Oxygen diffusion in, and thermal expansion of, SrTiO3-δ- and CaTiO3-δ-based materials

Comparative analysis of experimental data on structure, ionic conductivity, thermal expansion and oxygen nonstoichiometry of Sr0.97Ti1-xFexO3-delta and CaTi1-xFexO3-delta solid solutions shows a considerable effect of lattice ordering on their properties at temperatures below 1300 K. Increasing iron concentration in Sr-0.97(Ti,Fe)O3-delta was found to increase thermal expansion and partial ionic and electronic conductivities. Thermal expansion coefficients (TECs) of strontium titanates-ferrites increase with increasing temperature, varying from (11.7-13.8)x10(-6) K-1 at 300-720 K to (16.6-27.0)x10(-6) K-1 at 750-1100 K. In contrast, substituting titanium with iron leads to a higher ionic transport in Ca(Ti,Fe)O3-delta only for iron additions under 20 mol.% Further increase of Fe content results in formation of ordered structures and decreasing ionic conductivity.
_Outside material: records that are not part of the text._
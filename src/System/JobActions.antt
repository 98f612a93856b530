-- ===== src/System/JobActions.antt =====
-- What is done to a job keeps the tables sound.
use loglens_api.Base.{
  ℕ, ◌+◌, ◌≡◌, refl, Bool, true, false, Option, none, some, List, inl, inr, Option-cases,
  Bool-cases, All,
}
use loglens_api.Text.{Text}
use loglens_api.Table.{find_first, update_where}
use loglens_api.Table.Laws.{All-update_where}
use loglens_api.Models.{BackgroundJob, Payload, Instant}
use loglens_api.Models.Enums.{BackgroundJobStatus}
use loglens_api.Effect.{Env, World, Db, Sequences, QueuedTask}
use loglens_api.Effect.Keeps.{Keeps}
use loglens_api.Repositories.Jobs.{
  has_job_id, is_active_status, is_rival, running_job, save_job, progressed_job, finished_job,
  update_progress, mark_completed, mark_failed, mark_running,
}
use loglens_api.System.Sound.{HasJob, JobsAreSound, DbIsSound, IsSound}
use loglens_api.System.JobRows.{update-JobsAreSound, update_by_keys-JobsAreSound}
use loglens_api.System.Jobs.{runs, running-ScopesAreExclusive}

pub jobs-DbIsSound :
    {s : Sequences} {q : List QueuedTask} {d : Db} {js : List BackgroundJob}
    → DbIsSound s q d
    → JobsAreSound q js
    → DbIsSound s q (record d { background_jobs = js })
jobs-DbIsSound h jobs = record {
  users = h.users;
  tokens = h.tokens;
  logs = h.logs;
  jobs = jobs;
  analyses = h.analyses;
}

-- A change of rows that keeps their ids keeps that they are known to all.
known-update_where :
    (known js : List BackgroundJob) (p : BackgroundJob → Bool) (f : BackgroundJob → BackgroundJob)
    → ((j : BackgroundJob) → (f j).id ≡ j.id)
    → All (λ j. HasJob j.id known) js
    → All (λ j. HasJob j.id known) (update_where p f js)
known-update_where known js p f id h =
    All-update_where _ _ p f js
      (λ j k. elim (Bool-cases (p j)) [ inl e ↦ rw (e, id j) k | inr e ↦ rw e k ]) h

module _ {env : Env} where
  pub save_job-IsSound :
      (change : BackgroundJob → BackgroundJob) (job : BackgroundJob)
      → ((j : BackgroundJob) → (change j).id ≡ j.id)
      → ((j : BackgroundJob) → (change j).job_type ≡ j.job_type)
      → ((j : BackgroundJob) → (change j).idempotency_key ≡ j.idempotency_key)
      → ((j : BackgroundJob) → (change j).scope_key ≡ j.scope_key)
      → ((j : BackgroundJob)
          → is_active_status (change j).status ≡ true
          → is_active_status j.status ≡ true)
      → Keeps IsSound (save_job {env = env} change job)
  unfolding save_job
  save_job-IsSound change job id type_kept key scope status = record {
    at = λ w h. (
      h.0,
      jobs-DbIsSound h.1 (
          update-JobsAreSound w.queue w.working.background_jobs h.1.jobs _ _ id type_kept key scope
            status),
      known-update_where w.committed.background_jobs w.working.background_jobs _ _ id h.2,
    );
  }

  pub update_progress-IsSound :
      (job : BackgroundJob) (processed success failure : ℕ) (payload : Option Payload)
      (summary : Option Text)
      → Keeps IsSound (update_progress {env = env} job processed success failure payload summary)
  unfolding update_progress
  update_progress-IsSound job processed success failure payload summary =
      save_job-IsSound (progressed_job processed success failure payload summary) job (λ j. refl)
        (λ j. refl) (λ j. refl) (λ j. refl) (λ j e. e)

  finish-IsSound :
      (job : BackgroundJob) (status : BackgroundJobStatus) (at : Instant) (summary : Option Text)
      → is_active_status status ≡ false
      → Keeps IsSound (save_job {env = env} (finished_job status at summary) job)
  finish-IsSound job status at summary ended =
      save_job-IsSound _ job (λ j. refl) (λ j. refl) (λ j. refl) (λ j. refl)
        (λ j e. absurd (cc (ended, e)))

  pub mark_completed-IsSound :
      (job : BackgroundJob) (status : BackgroundJobStatus) (summary : Option Text)
      → is_active_status status ≡ false
      → Keeps IsSound (mark_completed {env = env} job status summary)
  unfolding mark_completed
  mark_completed-IsSound job status summary ended = record {
    at = λ w h.
        (finish-IsSound job status (env.clock w.readings) summary ended).at
          (record w { readings = w.readings + 1 }) h;
  }

  pub mark_failed-IsSound :
      (job : BackgroundJob) (summary : Text) → Keeps IsSound (mark_failed {env = env} job summary)
  unfolding mark_failed
  mark_failed-IsSound job summary = record {
    at = λ w h.
        (finish-IsSound job BackgroundJobStatus.failed (env.clock w.readings) (some summary)
            refl).at
          (record w { readings = w.readings + 1 }) h;
  }

  save_running-IsSound :
      (job : BackgroundJob) (at : Instant) (task : Option Text) (w : World env)
      → find_first (has_job_id job.id) w.working.background_jobs ≡ some job
      → find_first (is_rival job) w.working.background_jobs ≡ none
      → IsSound w
      → IsSound (save_job {env = env} (running_job at task) job w).1
  unfolding save_job
  save_running-IsSound job at task w found free h =
      let js = w.working.background_jobs in
      (
        h.0,
        jobs-DbIsSound h.1 (
            update_by_keys-JobsAreSound w.queue js h.1.jobs (has_job_id job.id)
              (runs at task w.transaction_time) (λ j. refl) (λ j. refl) (λ j. refl)
              (running-ScopesAreExclusive w.queue js h.1.jobs job found free at task
                w.transaction_time)),
        known-update_where w.committed.background_jobs js (has_job_id job.id)
            (runs at task w.transaction_time) (λ j. refl) h.2,
      )

  -- A job is set running only as it stands in the table.
  pub mark_running-IsSound :
      (job : BackgroundJob) (task : Option Text) (w : World env)
      → find_first (has_job_id job.id) w.working.background_jobs ≡ some job
      → IsSound w
      → IsSound (mark_running {env = env} job task w).1
  unfolding mark_running
  mark_running-IsSound job task w found h =
      elim (Option-cases (find_first (is_rival job) w.working.background_jobs)) [
        | inr (x, rival) ↦ elim (Option-cases job.started_at) [
          | inl e ↦ rw (e, rival) h
          | inr (at, e) ↦ rw (e, rival) h
        ]
        | inl free ↦ elim (Option-cases job.started_at) [
          | inl e ↦
              rw (e, free)
                (save_running-IsSound job (env.clock w.readings) task
                  (record w { readings = w.readings + 1 }) found free h)
          | inr (at, e) ↦ rw (e, free) (save_running-IsSound job at task w found free h)
        ]
      ]
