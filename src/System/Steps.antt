-- ===== src/System/Steps.antt =====
-- What every action is made of keeps the tables sound.
use loglens_api.Base.{refl, Bool, List, [], ◌∷◌, All, inl, inr, Bool-cases}
use loglens_api.Text.{Text}
use loglens_api.Text.Laws.{text_eq_refl}
use loglens_api.Table.{find_first}
use loglens_api.Table.Laws.{All-map}
use loglens_api.Models.{BackgroundJob}
use loglens_api.Models.Enums.{BackgroundJobType}
use loglens_api.Errors.{Error}
use loglens_api.Effect.{
  Env, Db, Action, Reply, commit, rollback, raise_if, query, utc_now, draw, redis_call,
}
use loglens_api.Effect.Keeps.{Keeps, keeps_rules}
use loglens_api.Repositories.Jobs.{has_job_id}
use loglens_api.Jobs.{increment_background_jobs_created, decrement_active_background_jobs}
use loglens_api.Workers.{session_scope}
use loglens_api.System.Sound.{HasJob, IsSound}

HasJob-later :
    (i : Text) (x : BackgroundJob) (js : List BackgroundJob) → HasJob i js → HasJob i (x ∷ js)
unfolding find_first
HasJob-later i x js h = elim (Bool-cases (has_job_id i x)) [ inl e ↦ rw e refl | inr e ↦ rw e h ]

pub own_jobs : (js : List BackgroundJob) → All (λ j. HasJob j.id js) js
unfolding find_first
own_jobs [] = tt
own_jobs (x ∷ js) =
    (rw (text_eq_refl x.id) refl, All-map _ _ js (λ j. HasJob-later j.id x js) (own_jobs js))

module _ {env : Env} where
  pub commit-IsSound : Keeps IsSound (commit {env = env})
  commit-IsSound = record { at = λ w h. (h.1, h.1, own_jobs w.working.background_jobs) }

  pub rollback-IsSound : Keeps IsSound (rollback {env = env})
  rollback-IsSound = record { at = λ w h. (h.0, h.0, own_jobs w.committed.background_jobs) }

  pub raise_if-IsSound : (c : Bool) (e : Error) → Keeps IsSound (raise_if {env = env} c e)
  raise_if-IsSound c e = record { at = λ w h. h }

  pub utc_now-IsSound : Keeps IsSound (utc_now {env = env})
  utc_now-IsSound = record { at = λ w h. h }

  pub draw-IsSound : Keeps IsSound (draw {env = env})
  draw-IsSound = record { at = λ w h. h }

  pub query-IsSound : {A : Type 0} (f : Db → A) → Keeps IsSound (query {env = env} f)
  query-IsSound f = record { at = λ w h. h }

  pub redis_call-IsSound :
      {A : Type 0} (command : env.Redis → Reply A × env.Redis)
      → Keeps IsSound (redis_call {env = env} command)
  redis_call-IsSound command = record { at = λ w h. h }

  pub increment-IsSound :
      (t : BackgroundJobType) → Keeps IsSound (increment_background_jobs_created {env = env} t)
  unfolding increment_background_jobs_created
  increment-IsSound t = record { at = λ w h. h }

  pub decrement-IsSound :
      (t : BackgroundJobType) → Keeps IsSound (decrement_active_background_jobs {env = env} t)
  unfolding decrement_active_background_jobs
  decrement-IsSound t = record { at = λ w h. h }

  -- Closing a session drops what was not committed.
  pub session_scope-IsSound :
      {A : Type 0} (m : Action env A) → Keeps IsSound m → Keeps IsSound (session_scope m)
  session_scope-IsSound m km = record {
    at = λ w h. let h' = km.at w h in (h'.0, h'.0, own_jobs (m w).1.committed.background_jobs);
  }

pub ruleset step_rules = (
  keeps_rules, commit-IsSound, rollback-IsSound, raise_if-IsSound, utc_now-IsSound, draw-IsSound,
  query-IsSound, redis_call-IsSound, increment-IsSound, decrement-IsSound,
)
Because of stabilization of iron oxidation state and suppressing oxygen losses on heating, thermal expansion of CaTi1-xFexO3-delta ceramics is linear and approximately independent of composition. TEC values of calcium titanates-ferrites at 300-1150 K are in the narrow range (11.7-12.7)x10(-6) K-1. Oxygen permeation through CaTiO3-delta- and SrTiO3-delta-based ceramics was found to be limited by both bulk ionic conduction and surface exchange rates.